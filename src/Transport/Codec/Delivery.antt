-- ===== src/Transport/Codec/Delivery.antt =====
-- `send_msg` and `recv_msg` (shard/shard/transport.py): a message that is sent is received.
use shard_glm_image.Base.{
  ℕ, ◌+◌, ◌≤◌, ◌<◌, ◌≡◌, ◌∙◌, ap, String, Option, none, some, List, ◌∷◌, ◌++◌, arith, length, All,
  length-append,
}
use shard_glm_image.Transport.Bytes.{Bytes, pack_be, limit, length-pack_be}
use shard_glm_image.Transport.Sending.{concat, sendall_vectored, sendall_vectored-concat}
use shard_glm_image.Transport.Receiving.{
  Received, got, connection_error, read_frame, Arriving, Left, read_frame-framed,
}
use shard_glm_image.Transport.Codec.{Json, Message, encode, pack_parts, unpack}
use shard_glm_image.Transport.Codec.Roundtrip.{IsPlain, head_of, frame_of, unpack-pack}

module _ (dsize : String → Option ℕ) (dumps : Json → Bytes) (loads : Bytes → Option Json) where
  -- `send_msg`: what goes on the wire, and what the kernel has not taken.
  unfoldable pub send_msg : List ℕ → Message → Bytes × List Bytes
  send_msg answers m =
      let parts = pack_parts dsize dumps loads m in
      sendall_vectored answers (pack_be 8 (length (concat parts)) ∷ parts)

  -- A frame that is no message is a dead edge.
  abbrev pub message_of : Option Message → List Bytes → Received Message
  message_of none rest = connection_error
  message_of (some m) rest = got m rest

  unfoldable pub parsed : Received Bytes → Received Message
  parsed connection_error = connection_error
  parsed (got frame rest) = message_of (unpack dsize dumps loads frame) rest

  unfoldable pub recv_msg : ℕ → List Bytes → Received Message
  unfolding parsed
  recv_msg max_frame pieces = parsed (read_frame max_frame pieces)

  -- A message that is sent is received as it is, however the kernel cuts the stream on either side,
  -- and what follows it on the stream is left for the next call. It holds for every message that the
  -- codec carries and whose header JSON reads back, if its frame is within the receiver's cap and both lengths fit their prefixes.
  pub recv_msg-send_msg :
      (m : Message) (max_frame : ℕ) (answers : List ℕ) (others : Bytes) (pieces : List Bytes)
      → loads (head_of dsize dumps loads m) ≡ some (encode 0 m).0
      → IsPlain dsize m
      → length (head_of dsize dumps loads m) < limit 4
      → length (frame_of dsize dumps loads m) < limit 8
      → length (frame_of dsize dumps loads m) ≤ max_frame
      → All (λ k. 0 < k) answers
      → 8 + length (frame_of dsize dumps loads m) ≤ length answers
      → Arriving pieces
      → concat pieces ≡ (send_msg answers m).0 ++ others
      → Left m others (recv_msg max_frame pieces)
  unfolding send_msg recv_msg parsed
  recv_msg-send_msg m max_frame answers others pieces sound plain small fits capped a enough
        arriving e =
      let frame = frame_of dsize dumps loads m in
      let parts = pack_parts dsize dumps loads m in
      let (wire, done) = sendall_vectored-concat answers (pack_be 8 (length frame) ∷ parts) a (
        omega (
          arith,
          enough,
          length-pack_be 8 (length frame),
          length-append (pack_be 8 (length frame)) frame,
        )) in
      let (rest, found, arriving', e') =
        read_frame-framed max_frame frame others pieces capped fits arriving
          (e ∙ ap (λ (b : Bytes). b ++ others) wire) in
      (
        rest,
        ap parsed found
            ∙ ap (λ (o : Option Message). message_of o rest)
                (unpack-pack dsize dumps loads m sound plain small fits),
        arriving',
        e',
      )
----
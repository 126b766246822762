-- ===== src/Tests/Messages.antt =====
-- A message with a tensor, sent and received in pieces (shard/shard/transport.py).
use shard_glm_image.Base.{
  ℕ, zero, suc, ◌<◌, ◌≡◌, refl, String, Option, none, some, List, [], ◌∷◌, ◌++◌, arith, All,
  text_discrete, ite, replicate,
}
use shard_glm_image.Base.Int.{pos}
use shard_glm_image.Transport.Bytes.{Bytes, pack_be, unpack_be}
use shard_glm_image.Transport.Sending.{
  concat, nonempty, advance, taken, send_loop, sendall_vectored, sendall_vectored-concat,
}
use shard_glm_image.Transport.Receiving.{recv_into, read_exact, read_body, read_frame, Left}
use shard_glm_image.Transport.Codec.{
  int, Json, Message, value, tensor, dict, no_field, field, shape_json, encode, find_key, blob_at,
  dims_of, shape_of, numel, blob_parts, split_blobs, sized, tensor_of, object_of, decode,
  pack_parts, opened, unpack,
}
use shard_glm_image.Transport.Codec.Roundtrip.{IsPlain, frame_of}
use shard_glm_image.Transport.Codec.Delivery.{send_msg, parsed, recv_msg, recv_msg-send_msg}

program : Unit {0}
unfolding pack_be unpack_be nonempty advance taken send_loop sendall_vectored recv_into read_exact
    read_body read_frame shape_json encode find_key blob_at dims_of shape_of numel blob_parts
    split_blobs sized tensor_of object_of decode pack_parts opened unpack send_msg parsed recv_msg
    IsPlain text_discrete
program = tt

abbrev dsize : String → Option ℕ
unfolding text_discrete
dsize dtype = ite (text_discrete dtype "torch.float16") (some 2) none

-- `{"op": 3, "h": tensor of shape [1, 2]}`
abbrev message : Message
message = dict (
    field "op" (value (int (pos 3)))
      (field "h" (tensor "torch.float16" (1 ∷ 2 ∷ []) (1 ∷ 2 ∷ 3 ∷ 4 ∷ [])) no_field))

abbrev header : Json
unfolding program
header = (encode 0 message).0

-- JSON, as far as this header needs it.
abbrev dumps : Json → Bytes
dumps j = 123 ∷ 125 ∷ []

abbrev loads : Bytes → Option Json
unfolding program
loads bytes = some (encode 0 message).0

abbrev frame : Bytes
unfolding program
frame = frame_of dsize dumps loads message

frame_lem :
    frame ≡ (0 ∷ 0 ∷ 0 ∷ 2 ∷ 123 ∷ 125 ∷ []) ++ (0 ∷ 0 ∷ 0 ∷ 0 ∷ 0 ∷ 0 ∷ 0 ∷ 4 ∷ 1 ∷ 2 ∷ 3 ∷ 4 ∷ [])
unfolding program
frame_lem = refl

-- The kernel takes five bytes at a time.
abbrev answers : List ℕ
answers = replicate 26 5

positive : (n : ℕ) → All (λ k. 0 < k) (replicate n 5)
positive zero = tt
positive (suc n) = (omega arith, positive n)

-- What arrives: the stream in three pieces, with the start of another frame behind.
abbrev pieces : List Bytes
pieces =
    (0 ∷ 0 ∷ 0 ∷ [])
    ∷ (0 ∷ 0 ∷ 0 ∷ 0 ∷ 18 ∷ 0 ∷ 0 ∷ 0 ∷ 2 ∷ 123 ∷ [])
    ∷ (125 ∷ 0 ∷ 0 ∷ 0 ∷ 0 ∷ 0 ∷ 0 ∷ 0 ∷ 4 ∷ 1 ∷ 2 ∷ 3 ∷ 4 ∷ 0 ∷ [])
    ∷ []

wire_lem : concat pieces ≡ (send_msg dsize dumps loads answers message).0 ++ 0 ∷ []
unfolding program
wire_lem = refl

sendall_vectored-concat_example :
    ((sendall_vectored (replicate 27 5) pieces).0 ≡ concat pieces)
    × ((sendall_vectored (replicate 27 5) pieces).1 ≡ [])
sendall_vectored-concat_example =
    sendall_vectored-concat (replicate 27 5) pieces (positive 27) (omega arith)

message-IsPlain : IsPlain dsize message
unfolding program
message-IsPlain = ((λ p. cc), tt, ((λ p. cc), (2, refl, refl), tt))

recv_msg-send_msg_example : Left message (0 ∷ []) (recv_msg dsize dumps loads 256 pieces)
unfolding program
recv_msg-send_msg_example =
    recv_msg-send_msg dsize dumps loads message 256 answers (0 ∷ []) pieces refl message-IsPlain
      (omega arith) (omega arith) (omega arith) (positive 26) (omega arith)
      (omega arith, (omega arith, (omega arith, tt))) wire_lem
----
_Activity:_ Please transcribe only the lines in the records above running from the line that has "abbrev dsize : String → Option ℕ" through the line that has "(int (pos 3)))", both included, exactly as they appear.

_Answer box:_
abbrev dsize : String → Option ℕ
unfolding text_discrete
dsize dtype = ite (text_discrete dtype "torch.float16") (some 2) none

-- `{"op": 3, "h": tensor of shape [1, 2]}`
abbrev message : Message
message = dict (
    field "op" (value (int (pos 3)))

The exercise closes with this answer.